**THE PROBLEM**
After counting the lines below that hold the word "result", reply with the count and nothing else.

(INPUT)

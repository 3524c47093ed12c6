-- ===== src/Server/Dispatch/Idle.antt =====
-- src/server/server.c: the methods of the idle manager in `dispatch_method`. A wait that goes on has no
-- answer yet, `none`.
use axctl_c.Prelude.{
  ℕ, Bool, true, false, List, [], ◌∷◌, Option, none, some, CString, codes, pos, if◌then◌else◌, map,
}
use axctl_c.Json.{JsonC}
use axctl_c.Json.Helpers.{param_int, param_bool}
use axctl_c.Errors.{set_error}
use axctl_c.Types.ToJson.{object_with, add_all}
use axctl_c.Idle.State.{Manager, Outcome}
use axctl_c.Idle.Monitors.{
  MonitorState, monitor_create, monitor_update, monitor_get, monitor_destroy,
}
use axctl_c.Idle.Inhibitors.{
  InhibitorState, inhibit, is_inhibited, inhibitor_create, inhibitor_set, inhibitor_get,
  inhibitor_destroy,
}
use axctl_c.Idle.System.{inhibit_system, is_system_inhibited}
use axctl_c.Idle.Waits.{
  WaitOutcome, refused, blocked, answered, idle_wait, idle_wait_resume, idle_wait_input,
  idle_wait_input_resume, idle_is_idle, idle_is_input_idle,
}
use axctl_c.Idle.Checks.{media_check, app_check}
use axctl_c.Server.Methods.{IdleMethod}
use axctl_c.Server.Backend.{Host, Server, Done, plain, to_u32, of_u32}

module _ (j : JsonC) where
  -- `axctl_idle_monitor_state_to_json` and the same code in the methods.
  unfoldable pub monitor_json : MonitorState → j.Json
  unfolding add_all of_u32
  monitor_json st = object_with j (
      (codes "id", j.new_int (of_u32 st.id))
      ∷ (codes "enabled", j.new_boolean st.enabled)
      ∷ (codes "timeout_ms", j.new_int (of_u32 st.timeout_ms))
      ∷ (codes "respect_inhibitors", j.new_boolean st.respect_inhibitors)
      ∷ (codes "is_idle", j.new_boolean st.is_idle)
      ∷ [])

  unfoldable pub inhibitor_json : InhibitorState → j.Json
  unfolding add_all of_u32
  inhibitor_json st =
      object_with j
        ((codes "id", j.new_int (of_u32 st.id)) ∷ (codes "enabled", j.new_boolean st.enabled) ∷ [])

  -- `x ? "true" : "false"`
  abbrev pub bool_json : Bool → j.Json
  bool_json b = j.new_string (if b then codes "true" else codes "false")

  -- A `uint32_t` of the parameters, or its default.
  unfoldable pub given_u32 : Option j.Json → CString → ℕ → ℕ
  unfolding to_u32
  given_u32 none key def = def
  given_u32 (some o) key def = elim (j.object_get o key) [
    | none ↦ def
    | some v ↦ to_u32 (j.get_int v)
  ]

  -- The patterns of the check of applications; what is no array of them stands for none.
  unfoldable pub patterns_of : Option j.Json → List (Option CString)
  patterns_of none = []
  patterns_of (some o) = elim (j.object_get o (codes "patterns")) [
    | none ↦ []
    | some pats ↦ elim (j.array_items pats) [ none ↦ [] | some items ↦ map j.get_string items ]
  ]

module _ (j : JsonC) {D : Type 0} (s : Server j D) where
  -- The server after an operation of its idle manager.
  abbrev pub after : {A : Type 0} → Outcome A → (A → Option j.Json) → Done j D
  after o show = record {
    server = record s { idle_mgr = some o.state };
    calls = [];
    requests = o.requests;
    processes = [];
    sent = [];
    failed = elim o.result [ none ↦ true | some r ↦ false ];
    result = elim o.result [ none ↦ none | some r ↦ show r ];
  }

  abbrev pub after_wait : {A : Type 0} → WaitOutcome A → (A → Option j.Json) → Option (Done j D)
  after_wait o show = elim o.result [
    | refused ↦ some (record (plain j s true none) { requests = o.requests })
    | blocked ↦ none
    | answered r ↦ some (record (plain j s false (show r)) { requests = o.requests })
  ]

  -- The fields that the parameters do not have keep their value.
  unfoldable pub update_given : Host j → Manager → Option j.Json → ℕ → MonitorState → Done j D
  unfolding monitor_update given_u32 param_bool monitor_json
  update_given h im params mid current =
      after
        (monitor_update h.wayland im mid
          (given_u32 j params (codes "timeout_ms") current.timeout_ms)
          (param_bool j params (codes "respect_inhibitors") current.respect_inhibitors)
          (param_bool j params (codes "enabled") current.enabled))
        (λ st. some (monitor_json j st))

  abbrev manager_timeout : Option j.Json → ℕ
  manager_timeout params = to_u32 (param_int j params (codes "timeout_ms") (pos 0))

  abbrev monitor_id : Option j.Json → ℕ
  monitor_id params = to_u32 (param_int j params (codes "id") (pos 0))

  -- The methods, on the manager.
  unfoldable pub manager_method : Host j → Manager → Option j.Json → IdleMethod → Option (Done j D)
  unfolding param_int param_bool to_u32 update_given monitor_json inhibitor_json patterns_of add_all
      monitor_get inhibitor_get
  manager_method h im params IdleMethod.idle_inhibit =
      some (after (inhibit h.wayland im (param_bool j params (codes "on") false)) (λ u. none))
  manager_method h im params IdleMethod.idle_wait =
      after_wait (idle_wait h.wayland (manager_timeout params) h.events) (λ u. none)
  manager_method h im params IdleMethod.idle_resume_wait =
      after_wait (idle_wait_resume h.wayland (manager_timeout params) h.events) (λ u. none)
  manager_method h im params IdleMethod.idle_input_idle_wait =
      after_wait (idle_wait_input h.wayland (manager_timeout params) h.events) (λ u. none)
  manager_method h im params IdleMethod.idle_input_resume_wait =
      after_wait (idle_wait_input_resume h.wayland (manager_timeout params) h.events) (λ u. none)
  manager_method h im params IdleMethod.idle_is_idle =
      after_wait (idle_is_idle h.wayland (manager_timeout params) h.events)
        (λ idle. some (bool_json j idle))
  manager_method h im params IdleMethod.idle_is_input_idle =
      after_wait (idle_is_input_idle h.wayland (manager_timeout params) h.events)
        (λ idle. some (bool_json j idle))
  manager_method h im params IdleMethod.idle_is_inhibited =
      some (plain j s false (some (bool_json j (is_inhibited im))))
  manager_method h im params IdleMethod.idle_monitor_create = some (
      after
        (monitor_create h.wayland im (manager_timeout params)
          (param_bool j params (codes "respect_inhibitors") true)
          (param_bool j params (codes "enabled") true))
        (λ st. some (monitor_json j st)))
  manager_method h im params IdleMethod.idle_monitor_update =
      elim (monitor_get im (monitor_id params)) [
        | none ↦ some (plain j s true none)
        | some current ↦ some (update_given h im params (monitor_id params) current)
      ]
  manager_method h im params IdleMethod.idle_monitor_get =
      elim (monitor_get im (monitor_id params)) [
        | none ↦ some (plain j s true none)
        | some st ↦ some (plain j s false (some (monitor_json j st)))
      ]
  manager_method h im params IdleMethod.idle_monitor_destroy =
      some (after (monitor_destroy im (monitor_id params)) (λ u. none))
  manager_method h im params IdleMethod.idle_inhibitor_create = some (
      after (inhibitor_create h.wayland im (param_bool j params (codes "enabled") false))
        (λ st. some (inhibitor_json j st)))
  manager_method h im params IdleMethod.idle_inhibitor_set = some (
      after
        (inhibitor_set h.wayland im (monitor_id params)
          (param_bool j params (codes "enabled") false))
        (λ st. some (inhibitor_json j st)))
  manager_method h im params IdleMethod.idle_inhibitor_get =
      elim (inhibitor_get im (monitor_id params)) [
        | none ↦ some (plain j s true none)
        | some st ↦ some (plain j s false (some (inhibitor_json j st)))
      ]
  manager_method h im params IdleMethod.idle_inhibitor_destroy =
      some (after (inhibitor_destroy im (monitor_id params)) (λ u. none))
  manager_method h im params IdleMethod.idle_inhibit_system =
      let o = inhibit_system h.fork im (param_bool j params (codes "on") false) in
      some record {
        server = record s { idle_mgr = some o.state };
        calls = [];
        requests = [];
        processes = o.processes;
        sent = [];
        failed = elim o.result [ none ↦ true | some u ↦ false ];
        result = none;
      }
  manager_method h im params IdleMethod.idle_is_system_inhibited =
      some (plain j s false (some (bool_json j (is_system_inhibited im))))
  manager_method h im params IdleMethod.idle_app_inhibit_check =
      some (plain j s false (some (app_check j (patterns_of j params) h.applications)))
  manager_method h im params IdleMethod.idle_media_inhibit_check =
      some (plain j s false (some (media_check j h.pactl)))

  unfoldable pub idle_method : Host j → Option j.Json → IdleMethod → Option (Done j D)
  unfolding manager_method set_error
  idle_method h params m = elim s.idle_mgr [
    | none ↦
        some
          (plain j (record s { error = set_error s.error (codes "idle not supported") }) true none)
    | some im ↦ manager_method h im params m
  ]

(End INPUT)

**WRITTEN SOLUTION**
5